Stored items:
§

-- ===== src/Application.antt =====
-- src/ioproxy-cli/src/IOProxyConsoleApplication.cpp and Main.cpp: from the arguments to a running
-- engine. The plugin loader, the constructors of the IOs and Qt's event loop are parameters.
pub mod Result
pub mod Wiring
pub mod Launching
use ioproxy.Base.{
  ℕ, String, Bool, true, false, Option, none, some, List, [], ◌∷◌, cannot_load_plugin,
  cannot_access_plugin,
}
use ioproxy.Base.Variant.{Conversions}
use ioproxy.Params.{IoParams}
use ioproxy.Factory.{done, failed, thrown}
use ioproxy.Factory.Builtin
use ioproxy.Factory.Builtin.{Kind, get_id, Created}
use ioproxy.Io.{Io}
use ioproxy.CmdLine.{IoConfig, from_arguments}
use ioproxy.CmdLine.Text.{Spaces}
use ioproxy.Engine
use ioproxy.Engine.{Engine, add_io, add_connection}
use ioproxy.Engine.Registry.{Factories, find_factory_by_id, register_all, register_built_in}
use ioproxy.Util.OsSignal.{OsSignal}
use ioproxy.Util.Status
use ioproxy.Util.Status.{Printer, new_printer}
use Result.{Run, ◌>>=◌, expected, ends}

module _ {F S : Type 0} (id_of : F → String) (create : F → IoParams → Run S) (io : Io S)
    (fuel : ℕ) where
  -- The loop over `config.ios()`.
  unfoldable pub register_ios : List IoConfig → Engine F S → Run (Engine F S)
  register_ios [] e = some (done e)
  register_ios (c ∷ cs) e = do
    f ← expected (find_factory_by_id id_of e.io_factories c.type)
    s ← create f c.parameters
    e' ← ends (add_io io fuel c.id s e)
    register_ios cs e'

module _ {F S : Type 0} (fold_case : String → String) where
  -- The loop over `config.connections()`.
  unfoldable pub connect_all : List (String × String) → Engine F S → Run (Engine F S)
  connect_all [] e = some (done e)
  connect_all ((src, dst) ∷ rest) e = do
    e' ← expected (add_connection fold_case e src dst)
    connect_all rest e'

module _ {F S : Type 0} (id_of : F → String) (create : F → IoParams → Run S)
    (fold_case : String → String) (io : Io S) (fuel : ℕ) where
  -- Both loops.
  unfoldable pub set_up : List IoConfig → List (String × String) → Engine F S → Run (Engine F S)
  unfolding register_ios connect_all
  set_up ios connections e = do
    e' ← register_ios id_of create io fuel ios e
    connect_all fold_case connections e'

-- `PluginAPI`. The factories of a plugin are some of those of the repository.
pub record Plugin : Type 0 where
  pub id : String
  pub description : String
  pub author : String
  pub io_factories : List Kind

-- `EchoPlugin` of src/echo-plugin.
abbrev pub echo_plugin : Plugin
echo_plugin = record {
  id = "EchoPlugin";
  description = "Acts as example.";
  author = "Manuel Freiholz";
  io_factories = Kind.echo ∷ [];
}

-- `QDir` and `QPluginLoader`: the files beside the program, whether a name ends as that of a plugin
-- does, whether a file loads, its plugin, if it has one, and the text of an error.
pub record Loader : Type 0 where
  pub files : List String
  pub is_plugin : String → Bool
  pub load : String → Bool
  pub instance_of : String → Option Plugin
  pub error_string : String → String

module _ (loader : Loader) where
  -- The loop over the files.
  unfoldable pub load_plugins : List String → Factories Kind → Run (Factories Kind)
  load_plugins [] m = some (done m)
  load_plugins (file ∷ rest) m = elim (loader.is_plugin file) [
    | false ↦ load_plugins rest m
    | true ↦ elim (loader.load file) [
      | false ↦ some (failed (cannot_load_plugin (loader.error_string file)))
      | true ↦ elim (loader.instance_of file) [
        | none ↦ some (failed (cannot_access_plugin (loader.error_string file)))
        | some plugin ↦ expected (register_all get_id plugin.io_factories m) >>= load_plugins rest
      ]
    ]
  ]

-- What the application stands on: Qt's spaces and conversions, its addresses, the folding of case,
-- the plugins, the IO that a constructor makes, and how IOs act.
pub record World (Address Url S : Type 0) : Type 0 where
  pub is_space : Spaces
  pub parse_address : String → Address
  pub parse_url : String → Url
  pub conversions : Conversions
  pub fold_case : String → String
  pub loader : Loader
  pub construct : Created Address Url → S
  pub io : Io S

-- The fuel of the walk over the arguments, of a factory's loop, and of the handling of signals.
pub record Fuel : Type 0 where
  pub walk : ℕ
  pub remotes : ℕ
  pub depth : ℕ

module _ {Address Url S : Type 0} (world : World Address Url S) (fuel : Fuel) where
  -- `eFactory.value()->create(configIO.parameters)`.
  unfoldable pub create_io : Kind → IoParams → Run S
  create_io kind params = do
    made ←
        Builtin.create world.parse_address world.parse_url world.conversions fuel.remotes kind
          params
    some (done (world.construct made))

  -- `start` up to the start of the engine, for a parsed command line.
  unfoldable pub prepare : List IoConfig → List (String × String) → Run (Engine Kind S)
  unfolding register_built_in load_plugins set_up create_io
  prepare ios connections = do
    m ← expected (register_built_in [])
    m' ← load_plugins world.loader world.loader.files m
    set_up get_id create_io world.fold_case world.io fuel.depth ios connections
        (record { io_factories = m'; handlers = []; links = []; started = false })

  -- The end of `start`: the engine and the printer of its status start.
  unfoldable pub launch : Engine Kind S → Run (Engine Kind S × Printer)
  unfolding Status.start
  launch e = do
    e' ← ends (Engine.start world.io fuel.depth e)
    some (done (e', Status.start new_printer))

  -- `start`: what it starts, or the reason that `errorOccurred` gives.
  unfoldable pub start : List String → Run (Engine Kind S × Printer)
  unfolding prepare launch
  start arguments = do
    parsed ← ends (from_arguments world.is_space fuel.walk arguments)
    config ← expected parsed
    e ← prepare config.ios config.connections
    launch e

-- `handleSignal`: every signal quits. The answer, and whether `quitted` was emitted.
unfoldable pub handle_signal : OsSignal → Bool → Bool × Bool
handle_signal s quitted = (true, true)

-- `main`: the exit code, if the program ends: 1 for an error of `start`, and 0 when it quits.
unfoldable pub exit_code : {A : Type 0} → Run A → Bool → Option ℕ
exit_code none quitted = none
exit_code (some (done a)) quitted = elim quitted [ true ↦ some 0 | false ↦ none ]
exit_code (some (failed x)) quitted = some 1
exit_code (some (thrown x)) quitted = none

§

What you will do: Counting only lines that hold "connections", state how many appear in the records, and give nothing but the number.

Written answer: 6